VERY sad as I reflect on this story about a girl in her 20s who was recently allowed to choose physician-assisted suicide for what the Dutch Euthanasia Commission deemed ‘incurable’ post traumatic stress disorder, PTSD. This girl had been sexually abused as a child and had developed severe anorexia nervosa, depression, and PTSD.
Like the author in the post below, I am not judging the girl or her actions. I know the power of hopelessness and despair experienced over a long period of time. But also like the author in this post, I want to testify to the power of HOPE and the truth that nothing is impossible (until we believe it is so)….and there is the rub…holding onto faith…believing…hoping…in the face of ??

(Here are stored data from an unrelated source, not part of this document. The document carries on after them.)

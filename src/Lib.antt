-- ===== src/Lib.antt =====
-- Verification of the firmware that tests a floppy-drive emulator (FlashFloppy testbed).
--
-- The firmware drives the host side of a floppy interface. A test calls the sector functions of
-- src/ibm.c, which generate the bytes of a sector or a track, add the checksum of src/crc.c, turn
-- bytes into bitcells by src/mfm.c or src/fm.c, and hand the bitcells to src/floppy_generic.c, which
-- turns them into flux times for the DMA engine; a read goes the other way. Deadlines come from
-- src/timer.c, messages go out through src/console.c, and src/util.c is the C runtime.
--
-- Files, and the code they model:
--
--   Prelude         shared names, Boolean tests on numbers, lists and their lemmas; Prelude/Int has
--                   the signed results of C's comparisons and differences.
--   Bits            lemmas on the bit operations: masks, exclusive or, fields.
--   Mem             the memory: a function from addresses to bytes (IsMem says that they are bytes),
--                   with 8-, 16- and 32-bit little-endian accesses, rev16 (be16toh and htobe16 of
--                   inc/intrinsics.h), the bytes and the big-endian words at an address.
--   Util            src/util.c. Util/Memory has memset, memcpy and memmove with their fast paths,
--                   Util/Compare memcmp, strncmp and strcmp, Util/Strings the string functions,
--                   Util/Strtol strtol, Util/Rand the random numbers.
--   Crc             src/crc.c: the table and crc16_ccitt. Crc/Spec is the division by the
--                   polynomial, bit by bit; Crc/Refine, Residue and Detect prove.
--   Mfm             src/mfm.c: bintomfm (inc/floppy.h), the assembly of mfmtobin, mfm_to_bin,
--                   bin_to_mfm and mfm_check. Mfm/Spec is the coding by spreading and gathering bits.
--   Fm              src/fm.c: fm_sync, bin_to_fm, fm_to_bin and fm_check.
--   Ibm             src/ibm.c: ibm_mfm_search and ibm_mfm_read_sector; Ibm/Write has
--                   ibm_mfm_write_sector, Ibm/Track ibm_mfm_write_track, Ibm/Scan ibm_mfm_scan, and
--                   Ibm/Fm the FM half. Ibm/Layout is the IBM format on paper.
--   Amiga           src/amiga.c: the checksums and get_long; Amiga/Write has amiga_track_write with
--                   its emitters, Amiga/Read amiga_track_read. Amiga/Cells and Amiga/Long relate the
--                   emitted long words to the coding of Mfm/Spec, Amiga/Checksum has the algebra of
--                   the checksums, Amiga/Block, Sector, Decode and Track go from a long word to a track.
--   Flux            src/floppy_generic.c: rdata_flux_to_bc, _wdata_bc_to_flux (here
--                   wdata_bc_to_flux), and the room in the ring that the caller of that computes.
--                   Flux/Sync has rdata_wait_sync, floppy_read_prep and floppy_read, Flux/Output the
--                   DMA ring of the write path (fill_ring is the function that the source calls
--                   wdata_bc_to_flux), _floppy_write_prep, floppy_write and floppy_write_now.
--   Timer           src/timer.c: the queue of timers, its interrupt, and the timer's registers.
--   Time            src/time.c: time_now and the update of its stamp.
--   Drive           src/floppy.c and the pins of src/gotek/floppy.c: selection, seek, disk change,
--                   the test of the ready line, and what the index and disk-change interrupts count.
--                   What the hardware does is the record Bus, a parameter; the theorems take a drive
--                   that obeys it as a hypothesis, and the tests give one.
--   HardSector      src/main.c: the helpers of the hard-sector tests, on the times of the index.
--   Console         src/console.c: the ring buffer, its staging, and the two ways of sending.
--   Format          src/string.c: vsnprintf, as the text that a format and its arguments give, and how
--                   that is stored. A char is unsigned, as on ARM.
--   Led             src/led_7seg.c: the TM1651 driver as a sequence of line events, its retries, and
--                   the text and numbers shown. Led/Receiver is the display's side of the protocol.
--
-- State is passed explicitly. A function that works on a buffer takes a memory and the buffer's
-- address and returns the memory; pointers are numbers, and arithmetic of 8, 16 and 32 bits keeps its
-- wrap-around (u8, u16, u32) where the code can reach it. A call of floppy_read is an element of a
-- list of captures: the words that it puts into the buffer, its times, and the index count around it;
-- a search that runs out of captures still waits, and its result is none. A call of floppy_write is
-- the list of words that it is given. A WARN_ON that fires, or a message of a check, is a value of
-- Warning in the result.
--
-- Fuel: the loops over buffers are by recursion on their length. The string functions that look for a
-- terminating zero take fuel, for which one round more than the length is enough. The loop over the
-- bitcells of a long flux takes the flux time as fuel, since each round takes at least one tick off.
-- The digits of a number have 32 rounds, as many as a 32-bit number has digits in base 2. The loops of
-- Drive take fuel and end in `spinning` without it: a seek needs one round more than its steps, and the
-- loops that wait for the drive one more than the number of looks after which the drive answers. Other
-- loops that wait for the hardware are by recursion on the captures, samples or polls, and are none
-- when these run out.
--
-- Not modelled: accesses of hardware registers (gpio, DMA, clocks, src/stm32f10x.c and
-- src/gotek/board.c; of floppy_init only the search for cylinder 0), the masking of interrupts, the
-- texts of messages, and the overflow of the int that holds the width of a printed number. The warning
-- of a long flux is counted by rdata_wait_sync and left out in rdata_flux_to_bc. Left out as well are
-- src/quickdisk.c, src/da.c, qsort_p of src/util.c, and of src/main.c all but the helpers of the
-- hard-sector tests.
pub mod Prelude
pub mod Bits
pub mod Mem
pub mod Util
pub mod Crc
pub mod Mfm
pub mod Fm
pub mod Ibm
pub mod Amiga
pub mod Flux
pub mod Timer
pub mod Time
pub mod Drive
pub mod HardSector
pub mod Console
pub mod Format
pub mod Led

Faith, hope and love, Paul says, but the greatest of these is LOVE. I reckon that’s because it enables the other two.
I wonder if this girl had some loving connections in her world. I imagine she did and I say this with respect because I know that when we believe a lie so deeply (eg., that we are unlovable/ undeserving/ unworthy) it can make it almost impossible for the love and nurture around us to “get in”. This was my experience with anorexia. Mum and Dad loved me. I couldn’t receive their love – it ricocheted off me like it was hitting impenetrable mesh – because I’d bought into the ‘perfection’ lie so completely…a process the ED solution perpetuates and makes worse. It took repeated encounters with love, grace and truth (human and divine) to break the lie and recover my life.
So if this finds you feeling hopeless or despairing I pray you have people around you that can show you what love looks like – both human and divine – and that you could experience this love – and that you could again hope and believe…nothing is impossible.